Die vorgebrachte Idee „Windelzuschuss“ hat in der Ideenplattform die erforderliche Mindestunterstützeranzahl erreicht. Das Thema wird deshalb dem Fachausschuss zur Entscheidung vorgelegt.
2. Verfahren zur Ideenplattform:
Das Verfahren zum Umgang mit Ideen aus der Ideenplattform ist in der Vorlage zur Einführung des Beteiligungs-Portals (DS-17-03606, beschlossen in der Fassung der Vorlage 17-03606-01) wie folgt beschrieben:
„Vorschläge, die diese Voraussetzung [Anmerkung: ausreichende Unterstützerzahl] erfüllen, werden durch die fachlich zuständigen Organisationseinheiten inhaltlich geprüft und einer Bewertung durch den zuständigen Stadtbezirksrat (bei bezirklichen Vorschlägen) oder den zuständigen Fachausschuss zugeführt. Bezirkliche Vorschläge können im Rahmen der Budgethoheit der Stadtbezirksräte umgesetzt werden. Auch bei anderen Vorschlägen könnte - nach einem positiven Votum des Fachausschusses - eine Umsetzung sofort erfolgen, wenn die Finanzierung aus vorhandenen Ansätzen möglich ist. Falls notwendige Haushaltsmittel nicht vorhanden sind, ist eine abschließende Entscheidung innerhalb des nächsten Haushaltsplanaufstellungsverfahrens grundsätzlich erforderlich.“
3. Prüfung und Zweck:
Das Anliegen, das über die Ideenplattform eingebracht wurde, beschreibt eine Mengen- und Kostensituation, die durch Einwegwindeln innerhalb der Abfallwirtschaft entstehen würde. Selbige Mengen- und Kostensituation wurden durch die Verwaltung und mit dem Vertragspartner zur thermischen Verwertung (EEW-Helmstedt) untersucht. Im Detail konnten nicht alle im Anliegen angegebenen Werte nachvollzogen werden und ergaben im Ergebnis auch ein differenzierteres Bild. Die EEW-Helmstedt geht nicht davon aus, dass Einwegwindeln hohe Schadstoffkonzentrationen in die Anlagen eintragen, da selbige im Wesentlichen durch den thermischen Prozess zerstört und oder die folgende Abgasreinigung herausgefiltert werden.

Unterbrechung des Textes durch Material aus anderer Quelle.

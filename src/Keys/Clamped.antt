-- ===== src/Keys/Clamped.antt =====
-- The private keys that are generated, and addresses as texts.
use Prim.Native.Nat.{bit_and, bit_or}
use native.Mathlib.Nat.{mul_comm, mul_assoc, pow-suc, mul-le-mul_left}
use xchg.Base.{
  ℕ, zero, suc, ◌+◌, ◌*◌, ◌%◌, ◌^◌, ◌≤◌, ◌<◌, ◌≡◌, refl, ap, ◌∙◌, Bool, true, false, List, [], ◌∷◌,
  arith, length, All, ltb, leb, ◌==◌, ◌&&◌, ==_iff, get_or, set, length-set, get_or-set_self,
  get_or-set_ne, leb→le, ltb→lt,
}
use xchg.Bits.{low_bits, high_bits, each, each_at}
use xchg.Bytes.{IsByte, le_value}
use xchg.Keys.{clamp}

both : (a b : Bool) → a && b ≡ true → (a ≡ true) × (b ≡ true)
both true b h = (refl, h)
both false b h = cc h

low_facts : (b : ℕ) → b < 256 → (bit_and b 248 % 8 ≡ 0) × (bit_and b 248 ≤ 248)
low_facts b h =
    let (m, l) = both (bit_and b 248 % 8 == 0) (leb (bit_and b 248) 248) (low_bits b h) in
    ((==_iff (bit_and b 248 % 8) 0).0 m, leb→le (bit_and b 248) 248 l)

high_facts :
    (b : ℕ) → b < 256 → (64 ≤ bit_or (bit_and b 127) 64) × (bit_or (bit_and b 127) 64 < 128)
high_facts b h =
    let x : ℕ = bit_or (bit_and b 127) 64 in
    let (m, l) = both (leb 64 x) (ltb x 128) (high_bits b h) in (leb→le 64 x m, ltb→lt x 128 l)

masked_table : each (λ b. ltb (bit_and b 127) 256) 256 ≡ true
unfolding each
masked_table = refl

masked_byte : (b : ℕ) → b < 256 → bit_and b 127 < 256
masked_byte b h =
    ltb→lt (bit_and b 127) 256 (each_at (λ b. ltb (bit_and b 127) 256) 256 b h masked_table)

lt_le : {a b : ℕ} → a < b → a + 1 ≤ b
lt_le h = omega arith

set-All-IsByte : (s : List ℕ) (i b : ℕ) → All IsByte s → IsByte b → All IsByte (set s i b)
set-All-IsByte [] i b a h = tt
set-All-IsByte (x ∷ s) zero b (hx, a) h = (h, a)
set-All-IsByte (x ∷ s) (suc i) b (hx, a) h = (hx, set-All-IsByte s i b a h)

get_or-IsByte : (s : List ℕ) (i : ℕ) → All IsByte s → IsByte (get_or s i 0)
get_or-IsByte [] i a = omega arith
get_or-IsByte (x ∷ s) zero (hx, a) = hx
get_or-IsByte (x ∷ s) (suc i) (hx, a) = get_or-IsByte s i a

-- The last byte is the highest.
last_byte :
    (s : List ℕ) (i : ℕ)
    → All IsByte s
    → length s ≡ suc i
    → (256 ^ i * get_or s i 0 ≤ le_value s) × (le_value s < 256 ^ i * (get_or s i 0 + 1))
unfolding le_value
last_byte [] i a e = absurd (omega arith)
last_byte (x ∷ []) zero a e = omega arith
last_byte (x ∷ y ∷ s) zero a e = absurd (omega arith)
last_byte (x ∷ []) (suc i) a e = absurd (omega arith)
last_byte (x ∷ y ∷ s) (suc i) (hx, a) e =
    let (low, high) = last_byte (y ∷ s) i a (omega arith) in
    let p : ℕ = 256 ^ i in
    let g : ℕ = get_or (y ∷ s) i 0 in
    let e1 : 256 ^ suc i * g ≡ 256 * (p * g) =
      ap (λ (n : ℕ). n * g) (pow-suc 256 i ∙ mul_comm p 256) ∙ mul_assoc 256 p g in
    let e2 : 256 ^ suc i * (g + 1) ≡ 256 * (p * (g + 1)) =
      ap (λ (n : ℕ). n * (g + 1)) (pow-suc 256 i ∙ mul_comm p 256) ∙ mul_assoc 256 p (g + 1) in
    (omega (arith, e1), omega (arith, e2))

low_byte : (s : List ℕ) → 0 < length s → le_value s % 8 ≡ get_or s 0 0 % 8
unfolding le_value
low_byte [] h = absurd (omega arith)
low_byte (x ∷ s) h = omega arith

-- Whatever 32 random bytes are read, the generated private key is, as a number, a multiple of 8 from
-- 2^254 on and below 2^255: a valid scalar of curve 25519.
pub clamp_bounds :
    (random : List ℕ)
    → length random ≡ 32
    → All IsByte random
    → (length (clamp random) ≡ 32)
      × All IsByte (clamp random)
      × (le_value (clamp random) % 8 ≡ 0)
      × (2 ^ 254 ≤ le_value (clamp random))
      × (le_value (clamp random) < 2 ^ 255)
unfolding clamp
clamp_bounds random size a = (
  long,
  bytes,
  low_byte (clamp random) (omega (arith, long)) ∙ ap (λ b. b % 8) first ∙ low.0,
  omega (arith, bounds.0, ap (λ b. 256 ^ 31 * b) last, mul-le-mul_left (256 ^ 31) high.0),
  omega (arith, bounds.1, ap (λ b. 256 ^ 31 * b) last, mul-le-mul_left (256 ^ 31) (lt_le high.1)),
)
  where
    b0 : ℕ
    b0 = get_or random 0 0

    s1 : List ℕ
    s1 = set random 0 (bit_and b0 248)

    b31 : ℕ
    b31 = get_or s1 31 0

    s2 : List ℕ
    s2 = set s1 31 (bit_and b31 127)

    low : (bit_and b0 248 % 8 ≡ 0) × (bit_and b0 248 ≤ 248)
    low = low_facts b0 (get_or-IsByte random 0 a)

    long1 : length s1 ≡ 32
    long1 = length-set random 0 (bit_and b0 248) ∙ size

    long2 : length s2 ≡ 32
    long2 = length-set s1 31 (bit_and b31 127) ∙ long1

    middle : get_or s2 31 0 ≡ bit_and b31 127
    middle = get_or-set_self s1 31 (bit_and b31 127) 0 (omega (arith, long1))

    bytes1 : All IsByte s1
    bytes1 = set-All-IsByte random 0 (bit_and b0 248) a (omega (arith, low.1))

    high : (64 ≤ bit_or (bit_and b31 127) 64) × (bit_or (bit_and b31 127) 64 < 128)
    high = high_facts b31 (get_or-IsByte s1 31 bytes1)

    clamped : clamp random ≡ set s2 31 (bit_or (bit_and b31 127) 64)
    clamped = ap (λ b. set s2 31 (bit_or b 64)) middle

    long : length (clamp random) ≡ 32
    long = length-set s2 31 (bit_or (get_or s2 31 0) 64) ∙ long2

    last : get_or (clamp random) 31 0 ≡ bit_or (bit_and b31 127) 64
    last =
        ap (λ s. get_or s 31 0) clamped
        ∙ get_or-set_self s2 31 (bit_or (bit_and b31 127) 64) 0 (omega (arith, long2))

    bytes : All IsByte (clamp random)
    bytes = rw clamped (
        set-All-IsByte s2 31 (bit_or (bit_and b31 127) 64)
          (set-All-IsByte s1 31 (bit_and b31 127) bytes1
            (masked_byte b31 (get_or-IsByte s1 31 bytes1)))
          (omega (arith, high.1)))

    first : get_or (clamp random) 0 0 ≡ bit_and b0 248
    first =
        get_or-set_ne s2 31 0 (bit_or (get_or s2 31 0) 64) 0 (omega arith)
        ∙ get_or-set_ne s1 31 0 (bit_and b31 127) 0 (omega arith)
        ∙ get_or-set_self random 0 (bit_and b0 248) 0 (omega (arith, size))

    bounds :
        (256 ^ 31 * get_or (clamp random) 31 0 ≤ le_value (clamp random))
        × (le_value (clamp random) < 256 ^ 31 * (get_or (clamp random) 31 0 + 1))
    bounds = last_byte (clamp random) 31 bytes long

Einwegwindeln haben einen bedeutenden Anteil am Siedlungsabfallaufkommen. Eine wiedernutzbare Alternative zur Einwegwindel ist dementsprechend eine Maßnahme zur Abfallvermeidung und damit grundsätzlich ein begrüßenswerter Beitrag innerhalb der Kreislaufwirtschaft.
Der Antrag im Ideenportal führt für beide Windelsysteme den Ressourcenverbrauch der Neuanschaffungen und die Entsorgung des Festanteils auf. Die Nutzungsphase selbst als weiterer entscheidender Bestandteil wird jedoch ausgeblendet. Die maßgebende Energieaufwendung und Umweltauswirkung einer Einwegwindel entsteht bei der Produktion und Entsorgung, hingegen entsteht bei der wiedernutzbaren Stoffwindel die maßgebende Energieaufwendung und Umweltauswirkung beim Waschvorgang. Damit eine gesamtheitliche Überlegung angestellt und ein entsprechender gesamtheitlicher ökologischer Vorteil ermittelt werden kann, muss daher die Betrachtung auf den kompletten Lebenszyklus der beiden Systeme gelegt werden.
Eine der Verwaltung bekannte Studie, die auch im Antrag der Ideenplattform als Quelle genannt ist (Aumonier et al., 2008) sowie die Ursprungsstudie (Aumonier & Collins, 2005), beschäftigt sich mit genau dieser Thematik. Die Studie wertet verschiedene Datenlagen (u. a. Auswirkung bei der Produktion, Energieverbrauch von Waschmaschinen, Energiemix, Füllverhalten und Temperatureinstellungen des Nutzers, Wasserverbrauch usw.) aus. Auf Basis der ermittelten Daten bildet die Studie Szenarien und bestimmt für jedes Szenario und Windel-System ein CO2-Äquivalent in kg. Für das entwickelte Basisszenario, welches den durchschnittlichen Nutzer entspricht, liegt der Wert mit 570 kg CO2-Äquivalent von Stoffwindeln leicht über den 550 kg CO2-Äquivalent von Einwegwindeln.
Der Ausstoßwert bei der Stoffwindel ist maßgeblich abhängig vom Nutzerverhalten. Nach der Studie kann das CO2-Äquivalent um bis zu 40% gesenkt werden, soweit ein ideal vorstellbares Nutzerverhalten vorliegt (d.h. die folgenden drei Bedingungen müssen erfüllt sein – 1. dauerhaft: Waschen bei einer vollen Waschmaschine sowie 2. Trocknen an der Außenluft und 3. die Wiedernutzung der Stoffwindel bei einem zweiten Kind). Dieses Szenario ist jedoch kaum erreichbar.
Ein anderes Verhalten wie die dauerhafte Nutzung eines Trockners und das Waschen bei 90°C anstelle 60°C, würden bei der Nutzung von Stoffwindeln zu einer Erhöhung des CO2-Ausstoßes um bis zu 75% gegenüber dem Basisszenario führen.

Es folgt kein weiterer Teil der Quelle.